Le carnasse de la Méditerranée est repoussant. C’est un contact odieux que cette gélatine animée qui enveloppe le nageur, où les mains s’enfoncent, où les ongles labourent, qu’on déchire sans la tuer, et qu’on arrache sans l’ôter, espèce d’être coulant et tenace qui vous passe entre les doigts ; mais aucune stupeur n’égale la subite apparition de la pieuvre, Méduse servie par huit serpents.
Pas de saisissement pareil à l’étreinte du céphalopode.
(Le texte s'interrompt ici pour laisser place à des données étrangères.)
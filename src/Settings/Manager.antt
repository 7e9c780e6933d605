-- ===== src/Settings/Manager.antt =====
-- The methods of ConfigManager that read and write its file or change it. A method returns the
-- manager and its result. Each update is made under the lock.
use mqtt_sentry.Base.{
  ℕ, String, Bool, true, false, not, Option, none, some, List, [], ◌∷◌, ◌++◌, ◌==◌, nat_eq,
  string_eq, if◌then◌else◌, Outcome, ok, throw, undefined, parse_error, ◌>>=◌, keep, contains,
  lookup, insert, erase,
}
use mqtt_sentry.Json.{JsonLib}
use mqtt_sentry.Settings.{
  Tg, Mqtt, Logic, Graphite, ConfigManager, WriteResult, written, cannot_open, failed, default_tg,
  default_mqtt, default_logic, topic_exists, other_topics, machine_topic,
}
use mqtt_sentry.Settings.Format.{
  tg_to_json, tg_from_json, mqtt_to_json, mqtt_from_json, logic_to_json, logic_from_json,
  graphite_to_json, graphite_from_json,
}

-- The members as the class initialises them, before the constructor's body.
abbrev pub initial : Graphite → Option String → List WriteResult → ConfigManager
initial graphite file writes = record {
  loaded = false;
  tg = default_tg;
  mqtt = default_mqtt;
  logic = default_logic;
  graphite = graphite;
  file = file;
  writes = writes;
}

module _ ⦃J : JsonLib⦄ where
  unfoldable pub config_json : ConfigManager → J.Json
  config_json cm = J.object (
      ("tg", tg_to_json cm.tg)
      ∷ ("mqtt", mqtt_to_json cm.mqtt)
      ∷ ("logic", logic_to_json cm.logic)
      ∷ ("graphite", graphite_to_json cm.graphite)
      ∷ [])

  -- Opening for writing empties the file, so a failed write loses what it held.
  write_with : WriteResult → ConfigManager → ConfigManager × Bool
  write_with cannot_open cm = (cm, false)
  write_with (failed text) cm = (record cm { file = some text }, false)
  write_with written cm = (record cm { file = some (J.dump (config_json cm)) }, true)

  write_next : List WriteResult → ConfigManager → ConfigManager × Bool
  unfolding write_with
  write_next [] cm = write_with written cm
  write_next (r ∷ rest) cm = write_with r (record cm { writes = rest })

  -- _write
  unfoldable pub write : ConfigManager → ConfigManager × Bool
  unfolding write_next
  write cm = write_next cm.writes cm

  -- if (data.contains(key)) field = data.at(key).get<T>()
  section : {A : Type 0} → (J.Json → Outcome A) → J.Json → String → A → Outcome A
  section from_json data_json key old =
      if J.has_key data_json key then (do v ← J.at data_json key; from_json v) else ok old

  load_json : J.Json → ConfigManager → Outcome (ConfigManager × Bool)
  unfolding section
  load_json data_json cm = do
    tg ← section tg_from_json data_json "tg" cm.tg
    mqtt ← section mqtt_from_json data_json "mqtt" cm.mqtt
    logic ← section logic_from_json data_json "logic" cm.logic
    graphite ← section graphite_from_json data_json "graphite" cm.graphite
    ok (record cm { tg = tg; mqtt = mqtt; logic = logic; graphite = graphite; loaded = true }, true)

  -- Only a parse_error is caught.
  load_parsed : Outcome J.Json → ConfigManager → Outcome (ConfigManager × Bool)
  unfolding load_json
  load_parsed (ok data_json) cm = load_json data_json cm
  load_parsed (throw parse_error) cm = ok (cm, false)
  load_parsed (throw e) cm = throw e
  load_parsed undefined cm = undefined

  create_default : ConfigManager → ConfigManager × Bool
  create_default cm = let (cm', success) = write cm in (record cm' { loaded = success }, success)

  load_file : Option String → ConfigManager → Outcome (ConfigManager × Bool)
  unfolding load_parsed create_default
  load_file none cm = ok (create_default cm)
  load_file (some text) cm =
      if text == "" then ok (create_default cm) else load_parsed (J.parse text) cm

  -- _load
  unfoldable pub load : ConfigManager → Outcome (ConfigManager × Bool)
  unfolding load_file
  load cm = if cm.loaded then ok (cm, true) else load_file cm.file cm

  -- The constructor. It leaves `_graphite` without values; here they are given.
  unfoldable pub construct : Graphite → Option String → List WriteResult → Outcome ConfigManager
  construct graphite file writes = do (cm, _) ← load (initial graphite file writes); ok cm

  unfoldable pub update_tg_config : Tg → ConfigManager → ConfigManager × Bool
  update_tg_config t cm = write (record cm { tg = t })

  unfoldable pub update_mqtt_config : Mqtt → ConfigManager → ConfigManager × Bool
  update_mqtt_config m cm = write (record cm { mqtt = m })

  unfoldable pub update_logic_config : Logic → ConfigManager → ConfigManager × Bool
  update_logic_config l cm = write (record cm { logic = l })

  unfoldable pub update_graphite_config : Graphite → ConfigManager → ConfigManager × Bool
  update_graphite_config g cm = write (record cm { graphite = g })

  unfoldable pub add_user : ℕ → ConfigManager → ConfigManager × Bool
  add_user u cm =
      if contains u cm.tg.users
      then (cm, true)
      else update_tg_config (record cm.tg { users = cm.tg.users ++ u ∷ [] }) cm

  unfoldable pub remove_user : ℕ → ConfigManager → ConfigManager × Bool
  remove_user u cm = elim cm.tg.users [
    | [] ↦ (cm, true)
    | v ∷ vs ↦ update_tg_config (record cm.tg { users = keep (λ it. not (it == u)) (v ∷ vs) }) cm
  ]

  -- updateLogicConfig(logic) && updateMqttConfig(mqtt)
  unfoldable pub update_both : Logic → Mqtt → ConfigManager → ConfigManager × Bool
  update_both logic mqtt cm =
      let (cm', success) = update_logic_config logic cm in
      if success then update_mqtt_config mqtt cm' else (cm', false)

  unfoldable pub add_machine : String → String → ConfigManager → Outcome (ConfigManager × Bool)
  add_machine mid pseudo cm = do
    exist ← topic_exists mid cm.mqtt.topic
    ok (
        if exist
        then (cm, false)
        else update_both (record cm.logic { machines = insert mid pseudo cm.logic.machines })
            (record cm.mqtt { topic = cm.mqtt.topic ++ machine_topic mid ∷ [] }) cm)

  unfoldable pub remove_machine : String → ConfigManager → Outcome (ConfigManager × Bool)
  remove_machine mid cm = do
    temp ← other_topics mid cm.mqtt.topic
    ok (
        update_both (record cm.logic { machines = erase mid cm.logic.machines })
          (record cm.mqtt { topic = temp }) cm)

  unfoldable pub add_error : ℕ → String → ConfigManager → ConfigManager × Bool
  add_error code des cm = elim (lookup code cm.logic.code) [
    | some _ ↦ (cm, false)
    | none ↦ update_logic_config (record cm.logic { code = insert code des cm.logic.code }) cm
  ]

  unfoldable pub rem_error : ℕ → ConfigManager → ConfigManager × Bool
  rem_error code cm =
      update_logic_config
        (record cm.logic { code = keep (λ each. not (each.0 == code)) cm.logic.code }) cm

  unfoldable pub add_ex : ℕ → ConfigManager → ConfigManager × Bool
  add_ex code cm =
      update_logic_config
        (record cm.logic { disabled_codes = cm.logic.disabled_codes ++ code ∷ [] }) cm

  unfoldable pub rem_ex : ℕ → ConfigManager → ConfigManager × Bool
  rem_ex code cm =
      update_logic_config
        (record cm.logic {
          disabled_codes = keep (λ each. not (each == code)) cm.logic.disabled_codes;
        })
        cm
C’est la machine pneumatique qui vous attaque. Vous avez affaire au vide ayant des pattes. Ni coups d’ongle, ni coups de dents ; une scarification indicible. Une morsure est redoutable ; moins qu’une succion. La griffe n’est rien près de la ventouse. La griffe, c’est la bête qui entre dans votre chair ; la ventouse, c’est vous-même qui entrez dans la bête. Vos muscles s’enflent, vos fibres se tordent, votre peau éclate sous une pesée immonde, votre sang jaillit et se mêle affreusement à la lymphe du mollusque. La bête se superpose à vous par mille bouches infâmes ; l’hydre s’incorpore à l’homme ; l’homme s’amalgame à l’hydre. Vous ne faites qu’un. Ce rêve est sur vous. Le tigre ne peut que vous dévorer ; le poulpe, horreur ! Vous aspire. Il vous tire à lui et en lui, et, lié, englué, impuissant, vous vous sentez lentement vidé dans cet épouvantable sac, qui est un monstre.
Au delà du terrible, être mangé vivant, il y a l’inexprimable, être bu vivant.